Les atouts des champs solaires
Les centrales photovoltaïques au sol offrent plusieurs avantages :
- Économies d’échelle : plus la centrale est grande, plus le coût de production du kWh est compétitif.
- Production significative : une centrale de 50 MWc peut alimenter environ 30 000 habitants en électricité.
- Rapidité de déploiement : un projet peut être construit en 12 à 24 mois, beaucoup plus vite qu’une centrale nucléaire ou qu’un parc éolien offshore.
- Contribution climatique : chaque TWh solaire évite environ 100 000 tonnes de CO₂, en substituant des moyens fossiles.
Les limites et controverses
Malgré leurs atouts, les champs solaires soulèvent des questions :
- Occupation des sols : une centrale de 100 MWc occupe en moyenne 150 hectares. Cela alimente des débats sur l’artificialisation des terres agricoles.
- Intégration paysagère : certaines zones rurales rejettent l’installation de grands parcs solaires pour des raisons esthétiques.
- Biodiversité : mal conçus, ces projets peuvent perturber des écosystèmes locaux. Toutefois, certains champs solaires intègrent des mesures de protection de la faune (pâturage ovin sous les panneaux, préservation de corridors écologiques).
- Variabilité de la production : un champ solaire ne produit pas la nuit et moins par temps couvert, nécessitant une gestion intelligente du réseau et parfois un couplage avec le stockage.
L’intégration au mix énergétique français
Les champs solaires s’intègrent dans une stratégie plus globale :
- Objectif gouvernemental : 50 GW d’ici 2030, dont au moins 50 % au sol.
- Complémentarité avec l’éolien : le solaire produit surtout en été et en journée, alors que l’éolien est plus fort en hiver.
- Nécessité de stockage : batteries ou hydrogène pour lisser la production.
En 2025, EDF Renouvelables, Engie et TotalEnergies sont les principaux développeurs de grands champs solaires en France, cumulant plusieurs GW de projets en cours.

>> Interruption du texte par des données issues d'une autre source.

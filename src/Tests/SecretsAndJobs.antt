-- ===== src/Tests/SecretsAndJobs.antt =====
-- Secrets and jobs at concrete inputs.
use external_gateway.Prelude.{
  false, [], ◌∷◌, ◌++◌, none, some, codes, lookup, ok, ◌≡◌, ◌≤◌, refl, arith, contains, inl, inr,
}
use external_gateway.Secrets.Taint.{Codec, redact_values, redact}
use external_gateway.Secrets.Redaction.{redact_values-removes, StarFree}
use external_gateway.Secrets.Refs.{
  cache_key, scheme, parse_secret_ref, resolve_secret_ref, parse_secret_ref-cache_key,
  cache_key-injective, SlashFree,
}
use external_gateway.Secrets.Resolver.{
  SecretStore, World, resolve, fetch, set, delete, resolve_with_workspace_check,
}
use external_gateway.Secrets.Resolver.Outbound.{resolve-redact, resolve-IsSound, IsSound}
use external_gateway.Secrets.Resolver.Freshness.{resolve-after-change}
use external_gateway.Scheduler.{Job, Store, pending}
use external_gateway.Scheduler.Lifecycle.{claims, after, Follows, after-Follows}
use external_gateway.Scheduler.Lifecycle.Claims.{claim_count, claim_count_once}
use external_gateway.Scheduler.Runs.{Readings, process_jobs}
use external_gateway.Scheduler.Runs.Pass.{processed, process_jobs-lookup}

-- Texts are their own digests, and JSON does not change them.
abbrev plain : Codec
plain = record { digest = λ s. s; encode = λ html s. some (b'"' ∷ (s ++ (b'"' ∷ b'\n' ∷ []))) }

-- A store with one secret for everybody.
abbrev one_secret : SecretStore (Unit {0})
one_secret = record {
  resolve = λ workspace name s. (ok (codes "token1"), s);
  set = λ workspace name value s. (ok tt, s);
  delete = λ workspace name s. (ok tt, s);
  last_written = none;
}

abbrev fresh : World (Unit {0})
fresh = record { cache = []; ttl = 30; vault = tt; registry = record { seen = []; values = [] } }

fresh-IsSound : IsSound plain one_secret fresh
unfolding lookup
fresh-IsSound = (λ d h. absurd h, λ key cached h long. absurd (ground arith))

resolves :
    (resolve plain one_secret (codes "acme") (codes "jira") 5 6 fresh).0 ≡ ok (codes "token1")
unfolding resolve fetch
resolves = refl

token-StarFree : StarFree (codes "token1")
token-StarFree = ground arith

resolve-redact_example :
    contains
      (redact
        (resolve plain one_secret (codes "acme") (codes "jira") 5 6 fresh).1.registry
        (codes "a token1token1 b"))
      (codes "token1")
    ≡ false
resolve-redact_example =
    resolve-redact plain one_secret (codes "acme") (codes "jira") (codes "token1") 5 6 fresh
      (codes "a token1token1 b") (λ v h e. e) fresh-IsSound resolves (omega arith) token-StarFree

resolve-IsSound_example :
    IsSound plain one_secret (resolve plain one_secret (codes "acme") (codes "jira") 5 6 fresh).1
resolve-IsSound_example =
    resolve-IsSound plain one_secret (codes "acme") (codes "jira") 5 6 fresh (λ s k v h e. absurd h)
      fresh-IsSound

redact_values-removes_example :
    contains
      (redact_values (codes "ok" ∷ codes "token1" ∷ []) (codes "a token1token1 b"))
      (codes "token1")
    ≡ false
redact_values-removes_example =
    redact_values-removes (codes "ok" ∷ codes "token1" ∷ []) (codes "a token1token1 b")
      (codes "token1") token-StarFree (λ e. ground arith) (inr (inl refl))

resolve-after-change_example :
    (resolve plain one_secret
        (codes "acme")
        (codes "jira")
        7
        8
        (set plain one_secret (codes "acme") (codes "jira") (codes "new") fresh).1
      ≡ fetch plain one_secret
          (codes "acme")
          (codes "jira")
          8
          (set plain one_secret (codes "acme") (codes "jira") (codes "new") fresh).1)
    × (resolve plain one_secret
          (codes "acme")
          (codes "jira")
          7
          8
          (delete plain one_secret (codes "acme") (codes "jira") fresh).1
        ≡ fetch plain one_secret
            (codes "acme")
            (codes "jira")
            8
            (delete plain one_secret (codes "acme") (codes "jira") fresh).1)
resolve-after-change_example =
    resolve-after-change plain one_secret (codes "acme") (codes "jira") (codes "new") 7 8 fresh

granted :
    (resolve_with_workspace_check plain one_secret
      (codes "acme")
      (codes "jira")
      (codes "acme")
      5
      6
      fresh).0
    ≡ ok (codes "token1")
unfolding resolve_with_workspace_check fetch
granted = refl

acme-SlashFree : SlashFree (codes "ac")
acme-SlashFree = ground arith

parse_secret_ref-cache_key_example :
    (parse_secret_ref (scheme ++ cache_key (codes "ac") (codes "jira/x"))
      ≡ (codes "ac", codes "jira/x"))
    × (resolve_secret_ref (scheme ++ cache_key (codes "ac") (codes "jira/x"))
        ≡ ok (codes "ac", codes "jira/x"))
parse_secret_ref-cache_key_example =
    parse_secret_ref-cache_key (codes "ac") (codes "jira/x") acme-SlashFree

cache_key-injective_example : (codes "ac" ≡ codes "ac") × (codes "jira" ≡ codes "jira")
cache_key-injective_example =
    cache_key-injective (codes "ac") (codes "jira") (codes "ac") (codes "jira") acme-SlashFree
      acme-SlashFree refl

-- A pending job.
abbrev wrapup : Job
wrapup = record {
  id = codes "j1";
  agent_id = codes "dev";
  workspace = codes "acme";
  type = codes "clockify.wrapup";
  params = [];
  scheduled_at = 10;
  created_at = 1;
  status = pending;
  last_run = none;
  next_run = none;
  result = none;
}

abbrev jobs : Store
jobs = (codes "j1", wrapup) ∷ []

abbrev noon : Readings
noon = record { looked = λ id. 12; started = λ id. 13; ended = λ id. 14 }

after-Follows_example :
    Follows (lookup (codes "j1") jobs) (lookup (codes "j1") (after (claims (codes "j1") 12) jobs))
after-Follows_example = after-Follows (claims (codes "j1") 12) (codes "j1") jobs

claim_count_once_example :
    claim_count (codes "j1") (claims (codes "j1") 12 ∷ claims (codes "j1") 13 ∷ []) jobs ≤ 1
claim_count_once_example =
    claim_count_once (codes "j1") (claims (codes "j1") 12 ∷ claims (codes "j1") 13 ∷ []) jobs

process_jobs-lookup_example :
    lookup (codes "j1") (process_jobs noon jobs)
    ≡ processed noon (codes "j1") (lookup (codes "j1") jobs)
unfolding lookup
process_jobs-lookup_example = process_jobs-lookup noon (codes "j1") jobs (refl, tt)

-- A value that holds the placeholder can come about by a later replacement.
star_left :
    redact (record { seen = []; values = codes "x***y" ∷ codes "tok12" ∷ [] }) (codes "xtok12y")
    ≡ codes "x***y"
unfolding redact
star_left = refl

Exemples emblématiques en France
- Cestas (Gironde) : 300 MWc, plus grande centrale française.
- Toul-Rosières (Meurthe-et-Moselle) : 115 MWc, implantée sur une ancienne base aérienne.

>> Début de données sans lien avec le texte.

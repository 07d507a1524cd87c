-- ===== src/Tests/Servers.antt =====
-- The request handlers at the small configuration.
use external_gateway.Prelude.{
  ℕ, Bool, true, false, not, Bytes, List, [], ◌∷◌, Option, none, some, codes, Map, lookup, ok, ◌≡◌,
  ◌≢◌, ◌↔◌, refl, Some, arith, str_eq, has_prefix, trim_prefix, drop, if◌then◌else◌,
}
use external_gateway.Value.{str}
use external_gateway.Config.{get_agent_by_token_sha, get_workspace, Agent}
use external_gateway.Policy.{get}
use external_gateway.Policy.Validation.{validate_params}
use external_gateway.Policy.Constraints.{check_constraints}
use external_gateway.Server.Auth.{
  authenticate, authenticate_admin, authenticate_sound, authenticate_admin_iff, bearer,
}
use external_gateway.Server.Access.{
  agent_has_op, Grants, agent_has_op_iff, site_disabled, granted_operations,
}
use external_gateway.Server.Access.Listing.{usable, granted_operations_lem}
use external_gateway.Server.Environment.{check_env_selection, check_tunnel_access, resolve_env}
use external_gateway.Server.Environment.Laws.{Selects, resolve_env_iff}
use external_gateway.Server.Execute.{
  Ready, object, execute_op, handle_dry_run, find_operation, with_defaults, check_params, read_body,
  read_dry_body, finish_request, admit_request, preview_request, check_param_scopes,
}
use external_gateway.Server.Execute.Authorized.{IsAuthorized, execute_op-IsAuthorized}
use external_gateway.Server.Execute.DryRun.{
  execute_op-handle_dry_run, handle_dry_run-execute_op, IsPreviewed, IsFollowed,
}
use external_gateway.Server.PathTemplate.{
  has_path_injection, expand_path_template, print_string, pieces,
}
use external_gateway.Server.PathTemplate.Injection.{IsRawSafe, has_path_injection-IsRawSafe}
use external_gateway.Server.PathTemplate.Delimiters.{
  expand_path_template-delimiters, delimiters, fixed_text,
}
use external_gateway.Tests.Fixtures.{
  config, acme, search, runtime, lenient, query, scoped, developer, jira, production, text_param,
}

-- The request that reaches the connector.
abbrev ready : Ready
ready = record { ws = acme; op = search; params = scoped }

executes :
    execute_op lenient runtime (codes "t1") (codes "acme") (codes "jira.search") (object query)
    ≡ ok ready
unfolding execute_op find_operation with_defaults check_params read_body finish_request
    admit_request get_agent_by_token_sha get_workspace get agent_has_op site_disabled
    validate_params check_constraints check_param_scopes check_env_selection
    external_gateway.Policy.apply_defaults check_tunnel_access
executes = refl

previews :
    handle_dry_run lenient runtime (codes "t1") (codes "acme") (codes "jira.search") (object query)
    ≡ ok tt
unfolding handle_dry_run find_operation with_defaults check_params read_dry_body preview_request
    get_agent_by_token_sha get_workspace get agent_has_op site_disabled validate_params
    check_constraints check_env_selection external_gateway.Policy.apply_defaults
previews = refl

execute_op-IsAuthorized_example :
    IsAuthorized lenient runtime
      (codes "t1")
      (codes "acme")
      (codes "jira.search")
      (object query)
      ready
execute_op-IsAuthorized_example =
    execute_op-IsAuthorized lenient runtime (codes "t1") (codes "acme") (codes "jira.search")
      (object query) ready executes

execute_op-handle_dry_run_example : IsPreviewed (object query) (
    handle_dry_run lenient runtime (codes "t1") (codes "acme") (codes "jira.search") (object query))
execute_op-handle_dry_run_example =
    execute_op-handle_dry_run lenient runtime (codes "t1") (codes "acme") (codes "jira.search")
      (object query) ready executes

handle_dry_run-execute_op_example :
    IsFollowed
      (object query)
      (execute_op lenient runtime (codes "t1") (codes "acme") (codes "jira.search") (object query))
handle_dry_run-execute_op_example =
    handle_dry_run-execute_op lenient runtime (codes "t1") (codes "acme") (codes "jira.search")
      (object query) previews

authenticate_sound_example :
    (has_prefix (codes "Bearer t1") bearer ≡ true)
    × (authenticate (λ s. s) config (codes "Bearer t1") ≡ drop 7 (codes "Bearer t1"))
    × ((a : Agent) × Some (λ b. b ≡ a) config.agents × (a.token_sha ≡ drop 7 (codes "Bearer t1")))
unfolding authenticate
authenticate_sound_example =
    authenticate_sound (λ s. s) config (codes "Bearer t1") (λ e. ground arith)

authenticate_admin_iff_example :
    (authenticate_admin (λ s. s) config (codes "Bearer admin") ≡ true) ↔ (
      (config.admin_token_sha ≢ [])
      × (has_prefix (codes "Bearer admin") bearer ≡ true)
      × (trim_prefix (codes "Bearer admin") bearer ≡ config.admin_token_sha))
authenticate_admin_iff_example = authenticate_admin_iff (λ s. s) config (codes "Bearer admin")

agent_has_op_iff_example :
    (agent_has_op config developer (codes "acme") (codes "jira.search") ≡ true)
    ↔ Some (Grants config (codes "acme") (codes "jira.search")) developer.grants
agent_has_op_iff_example = agent_has_op_iff config developer (codes "acme") (codes "jira.search")

granted_operations_lem_example :
    lookup
      (codes "jira.search")
      (granted_operations config runtime.reg developer (codes "acme") acme)
    ≡ (if agent_has_op config developer (codes "acme") (codes "jira.search")
        then usable runtime.reg acme (codes "jira.search")
        else none)
granted_operations_lem_example =
    granted_operations_lem config runtime.reg developer (codes "acme") acme (codes "jira.search")

resolve_env_iff_example :
    (resolve_env jira (codes "jira") [] ≡ ok (codes "prod", production))
    ↔ Selects jira [] (codes "prod") production
resolve_env_iff_example = resolve_env_iff jira (codes "jira") [] (codes "prod") production

has_path_injection-IsRawSafe_example : IsRawSafe (codes "feature/x%20y") true
unfolding has_path_injection external_gateway.Prelude.contains external_gateway.Prelude.contains_any
    external_gateway.Server.PathTemplate.has_unsafe_escape external_gateway.Prelude.split
    external_gateway.Server.PathTemplate.no_segment external_gateway.Server.PathTemplate.is_control
has_path_injection-IsRawSafe_example =
    has_path_injection-IsRawSafe (codes "feature/x%20y") true refl

expand_path_template-delimiters_example :
    delimiters ((codes "key", text_param) ∷ []) (codes "/issue/A%2F1/comment")
    ≡ delimiters ((codes "key", text_param) ∷ []) (
        fixed_text print_string []
          ((codes "key", str (codes "A/1")) ∷ [])
          ((codes "key", text_param) ∷ [])
          (pieces [] none (codes "/issue/{key|urlencode}/comment")))
unfolding expand_path_template
expand_path_template-delimiters_example =
    expand_path_template-delimiters print_string (codes "/issue/{key|urlencode}/comment") []
      ((codes "key", str (codes "A/1")) ∷ []) ((codes "key", text_param) ∷ []) refl
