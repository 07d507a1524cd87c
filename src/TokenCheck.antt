-- ===== src/TokenCheck.antt =====
-- internal/tokencheck/tokencheck.go: which kind of credential a site uses, and the outcome of a
-- check. The network, JSON and the text formats of Go's library are parameters.
use external_gateway.Prelude.{
  ℕ, ℤ, pos, is_zero, ◌&&◌, ◌||◌, Bool, true, false, not, Bytes, List, [], ◌∷◌, ◌++◌, Option, none,
  some, codes, str_eq, contains, has_prefix, has_suffix, take, drop, trim_space, is_some, Map,
  Result, ok, err, ltb, leb, ◌==◌, if◌then◌else◌, length, split, ◌≡◌, refl,
}
use external_gateway.Value.{Value, null, Fields, obj}
use external_gateway.Config.{Environment}
use external_gateway.Postgres.{to_lower}
use external_gateway.Redact.{find_field}
pub mod Replies
pub mod Checks

pub data State : Type 0 where
  accepted : State
  rejected : State
  unreachable : State
  unchecked : State

pub data Kind : Type 0 where
  gitlab : Kind
  github : Kind
  atlassian : Kind
  jira_server : Kind
  jenkins : Kind
  bitbucket : Kind
  kibana : Kind
  clockify : Kind
  authentik : Kind
  slack_session : Kind
  trello : Kind
  postgres : Kind
  imap : Kind
  oauth : Kind
  atlassian_mcp : Kind
  generic : Kind

pub record Outcome : Type 0 where
  pub state : State
  pub detail : Bytes
  pub identity : Bytes
  pub expires_at : Bytes
  pub scopes : List Bytes
  pub http_status : ℕ

-- `Result{State: …, HTTPStatus: …, Detail: …}`
abbrev pub outcome : State → ℕ → Bytes → Outcome
outcome state status detail = record {
  state = state;
  detail = detail;
  identity = [];
  expires_at = [];
  scopes = [];
  http_status = status;
}

unfoldable pub detect_kind : Bytes → Environment → Kind
unfolding str_eq contains has_prefix has_suffix to_lower
detect_kind site env =
    let base = to_lower env.base_url in
    if is_some env.oauth
    then oauth
    else if str_eq env.auth.type (codes "slack-session")
    then slack_session
    else if str_eq env.auth.type (codes "trello")
    then trello
    else if str_eq env.auth.type (codes "api-key") && contains base (codes "clockify")
    then clockify
    else if contains base (codes "mcp.atlassian.com")
    then atlassian_mcp
    else if contains base (codes "atlassian.net")
    then atlassian
    else if contains base (codes "gitlab")
    then gitlab
    else if contains base (codes "api.github.com")
    then github
    else if contains base (codes "api.bitbucket.org")
    then bitbucket
    else if str_eq site (codes "postgres") || ltb 0 (length env.databases)
    then postgres
    else if str_eq site (codes "gmail")
        || str_eq site (codes "email")
        || not (str_eq env.imap_host [])
        || str_eq env.base_url [] && has_prefix env.host (codes "imap.")
    then imap
    else if str_eq site (codes "jenkins")
    then jenkins
    else if str_eq site (codes "kibana")
    then kibana
    else if str_eq site (codes "authentik")
    then authentik
    else if has_suffix site (codes "jira")
    then jira_server
    else generic

unfoldable pub checkable : Kind → Bool
checkable oauth = false
checkable atlassian_mcp = false
checkable generic = false
checkable gitlab = true
checkable github = true
checkable atlassian = true
checkable jira_server = true
checkable jenkins = true
checkable bitbucket = true
checkable kibana = true
checkable clockify = true
checkable authentik = true
checkable slack_session = true
checkable trello = true
checkable postgres = true
checkable imap = true

pub record Request : Type 0 where
  pub method : Bytes
  pub url : Bytes
  pub headers : Map Bytes
  pub body : Bytes

pub record Response : Type 0 where
  pub status : ℕ
  pub header : Bytes → Bytes
  pub body : Bytes

-- The reply of `auth.test`.
pub record SlackReply : Type 0 where
  pub ok : Bool
  pub error : Bytes
  pub user : Bytes
  pub team : Bytes
  pub url : Bytes

-- The reply of `personal_access_tokens/self`.
pub record OwnToken : Type 0 where
  pub name : Bytes
  pub expires_at : Bytes
  pub scopes : List Bytes

-- Decoders of JSON into an object, into `self` and into `out`; `fmt.Sprint`; `%q`; and the header of
-- `SetBasicAuth`.
pub record Formats : Type 0 where
  pub object : Bytes → Option Fields
  pub own_token : Bytes → Option OwnToken
  pub slack_reply : Bytes → Option SlackReply
  pub print : Value → Bytes
  pub quote : Bytes → Bytes
  pub basic_auth : Bytes → Bytes → Bytes

pub record Login : Type 0 where
  pub host : Bytes
  pub port : ℤ
  pub user : Bytes
  pub password : Bytes
  pub database : Bytes
  pub ssl_mode : Bytes

-- The services: what the first or a further request is replied, and the message with which a
-- database or a mail server refuses a login, if it does.
pub record Network : Type 0 where
  pub send : ℕ → Request → Result Bytes Response
  pub connect : Login → Option Bytes
  pub mailboxes : Login → Option Bytes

- Marville (Meuse) : 152 MWc, également sur un site militaire désaffecté.
- Lacq (Pyrénées-Atlantiques) : 75 MWc, implantée sur une ancienne friche industrielle.

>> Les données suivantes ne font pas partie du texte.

-- ===== src/TokenCheck/Replies.antt =====
-- How internal/tokencheck/tokencheck.go reads a reply.
use external_gateway.Prelude.{
  ℕ, ℤ, pos, is_zero, ◌&&◌, ◌||◌, Bool, true, false, not, Bytes, List, [], ◌∷◌, ◌++◌, Option, none,
  some, codes, str_eq, contains, has_prefix, has_suffix, take, trim_space, Map, map, lookup,
  sort_strings, Result, ok, err, ltb, leb, ◌==◌, ◌-◌, if◌then◌else◌, length, split, ◌≡◌, refl,
}
use external_gateway.Value.{Value, null, bool, num, str, arr, obj, Fields, end}
use external_gateway.Config.{Environment}
use external_gateway.Postgres.{to_lower, trim_suffix}
use external_gateway.Policy.Jql.{join}
use external_gateway.Server.PathTemplate.{query_escape}
use external_gateway.Redact.{find_field, or_null}
use external_gateway.TokenCheck.{
  State, accepted, rejected, unreachable, unchecked, Kind, gitlab, github, atlassian, jira_server,
  jenkins, bitbucket, kibana, clockify, authentik, slack_session, trello, postgres, imap, oauth,
  atlassian_mcp, generic, Outcome, outcome, Request, Response, SlackReply, OwnToken, Formats, Login,
  Network,
}
pub mod Justifies

-- `strings.TrimRight(s, "/")`
unfoldable pub trim_slashes : Bytes → Bytes
trim_slashes [] = []
trim_slashes (c ∷ s) =
    let rest = trim_slashes s in if c == b'/' && str_eq rest [] then [] else c ∷ rest

abbrev pub state_is_accepted : State → Bool
state_is_accepted accepted = true
state_is_accepted rejected = false
state_is_accepted unreachable = false
state_is_accepted unchecked = false

-- A message of the database that tells a wrong password.
unfoldable pub wrong_password : Bytes → Bool
unfolding contains
wrong_password msg =
    contains msg (codes "password authentication failed")
    || contains msg (codes "SASL authentication failed")
    || contains msg (codes "28P01")
    || contains msg (codes "28000")

unfoldable pub wrong_login : Bytes → Bool
unfolding contains to_lower
wrong_login msg =
    let low = to_lower msg in
    contains low (codes "auth")
    || contains low (codes "credentials")
    || contains low (codes "login")

unfoldable pub slack_outcome : ℕ → SlackReply → Outcome
slack_outcome status out = if not out.ok then outcome rejected status out.error else record {
  state = accepted;
  detail = out.url;
  identity = out.user ++ codes " @ " ++ out.team;
  expires_at = [];
  scopes = [];
  http_status = status;
}

abbrev pub or_else : Bytes → Bytes → Bytes
or_else s default = if str_eq s [] then default else s

abbrev pub port_or : ℤ → ℕ → ℤ
port_or port default = if is_zero port then pos default else port

abbrev pub names_of : {V : Type 0} → Map V → List Bytes
names_of [] = []
names_of ((k, v) ∷ m) = k ∷ names_of m

abbrev pub accepted_as : Bytes → Outcome
accepted_as identity = record {
  state = accepted;
  detail = [];
  identity = identity;
  expires_at = [];
  scopes = [];
  http_status = 0;
}

abbrev pub object_or_empty : Option Fields → Fields
object_or_empty none = end
object_or_empty (some m) = m

abbrev pub granted_scopes : Bytes → List Bytes
granted_scopes s = if str_eq s [] then [] else map trim_space (split s b',')

abbrev pub bearer : Bytes → Map Bytes
bearer token = (codes "Authorization", codes "Bearer " ++ token) ∷ []

abbrev pub get_request : Bytes → Map Bytes → Request
get_request url headers = record { method = codes "GET"; url = url; headers = headers; body = [] }

module _ (formats : Formats) where
  abbrev first_present : List Bytes → Fields → Option Value
  first_present [] m = none
  first_present (k ∷ ks) m = elim (find_field k m) [ none ↦ first_present ks m | some v ↦ some v ]

  abbrev message_keys : List Bytes
  message_keys =
      codes "error_description" ∷ codes "message" ∷ codes "error" ∷ codes "errorMessages" ∷ []

  abbrev plain_message : Bytes → Bytes
  plain_message s =
      if has_prefix s (codes "<")
      then codes "HTML page returned (login wall or proxy?)"
      else if ltb 200 (length s)
      then take 200 s
      else s

  abbrev object_message : Bytes → Option Value → Bytes
  object_message body none = plain_message (trim_space body)
  object_message body (some v) = trim_space (formats.print v)

  unfoldable pub upstream_message : Bytes → Bytes
  unfolding find_field trim_space has_prefix
  upstream_message body = elim (formats.object body) [
    | none ↦ plain_message (trim_space body)
    | some m ↦ object_message body (first_present message_keys m)
  ]

  unfoldable pub unreachable_by : Environment → Bytes → Outcome
  unfolding str_eq
  unreachable_by env message = outcome unreachable 0 (
      if str_eq env.requires_tunnel []
      then message
      else message ++ codes " (needs tunnel " ++ formats.quote env.requires_tunnel ++ codes " up)")

  unfoldable pub classify : Response → Outcome
  unfolding upstream_message
  classify resp =
      if resp.status == 401 || resp.status == 403
      then outcome rejected resp.status (upstream_message resp.body)
      else if leb 200 resp.status && ltb resp.status 300
      then outcome accepted resp.status []
      else if leb 500 resp.status
      then outcome unreachable resp.status (upstream_message resp.body)
      else outcome rejected resp.status (upstream_message resp.body)

  -- The steps along a path; what is no object has nothing below it.
  unfoldable pub walk_path : List Bytes → Value → Bytes
  unfolding find_field
  walk_path [] null = []
  walk_path [] (bool b) = formats.print (bool b)
  walk_path [] (num n) = formats.print (num n)
  walk_path [] (str s) = formats.print (str s)
  walk_path [] (arr vs) = formats.print (arr vs)
  walk_path [] (obj fs) = formats.print (obj fs)
  walk_path (p ∷ parts) null = []
  walk_path (p ∷ parts) (bool b) = []
  walk_path (p ∷ parts) (num n) = []
  walk_path (p ∷ parts) (str s) = []
  walk_path (p ∷ parts) (arr vs) = []
  walk_path (p ∷ parts) (obj fs) = walk_path parts (or_null (find_field p fs))

  -- `lookup`
  unfoldable pub lookup_path : Fields → Bytes → Bytes
  unfolding walk_path split
  lookup_path m path = walk_path (split path b'.') (obj m)

  unfoldable pub identity_parts : Fields → List Bytes → List Bytes
  unfolding lookup_path str_eq
  identity_parts m [] = []
  identity_parts m (f ∷ fields) =
      let rest = identity_parts m fields in
      if str_eq (lookup_path m f) [] then rest else lookup_path m f ∷ rest

  abbrev pub basic : Bytes → Bytes → Map Bytes
  basic user secret = (codes "Authorization", formats.basic_auth user secret) ∷ []

  -- An accepted reply is to be an object, which names the account.
  unfoldable pub identified : Response → List Bytes → Outcome → Outcome
  unfolding identity_parts upstream_message join
  identified resp fields res =
      if state_is_accepted res.state
      then elim (formats.object resp.body) [
        | none ↦
            outcome rejected resp.status
              (codes "unexpected non-JSON response: " ++ upstream_message resp.body)
        | some m ↦ record res { identity = join (codes " / ") (identity_parts m fields) }
      ]
      else res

Ces exemples montrent comment les champs solaires peuvent valoriser des terrains autrement inutilisés.
Perspectives à horizon 2030
D’ici 2030, la France devra quasiment doubler ses capacités solaires pour atteindre ses objectifs européens de neutralité carbone. Les champs solaires joueront un rôle moteur, mais leur développement dépendra :
- De l’acceptabilité sociale.
- De l’accélération des procédures administratives (aujourd’hui, un projet met en moyenne 5 à 7 ans entre la conception et la mise en service, dont 4 à 5 ans pour l’instruction).
- De l’intégration des technologies de stockage.
L’Union européenne encourage ce développement, avec un objectif de 600 GW solaires installés en Europe en 2030, contre environ 260 GW en 2023.
Les champs solaires incarnent l’avenir du photovoltaïque en France. Rapides à déployer, compétitifs et massifs, ils constituent un pilier de la stratégie énergétique nationale. S’ils soulèvent des enjeux d’occupation du sol et d’intégration, leur rôle dans la décarbonation et la sécurisation de l’approvisionnement est incontournable. D’ici 2030, leur montée en puissance déterminera en grande partie la réussite de la transition énergétique française.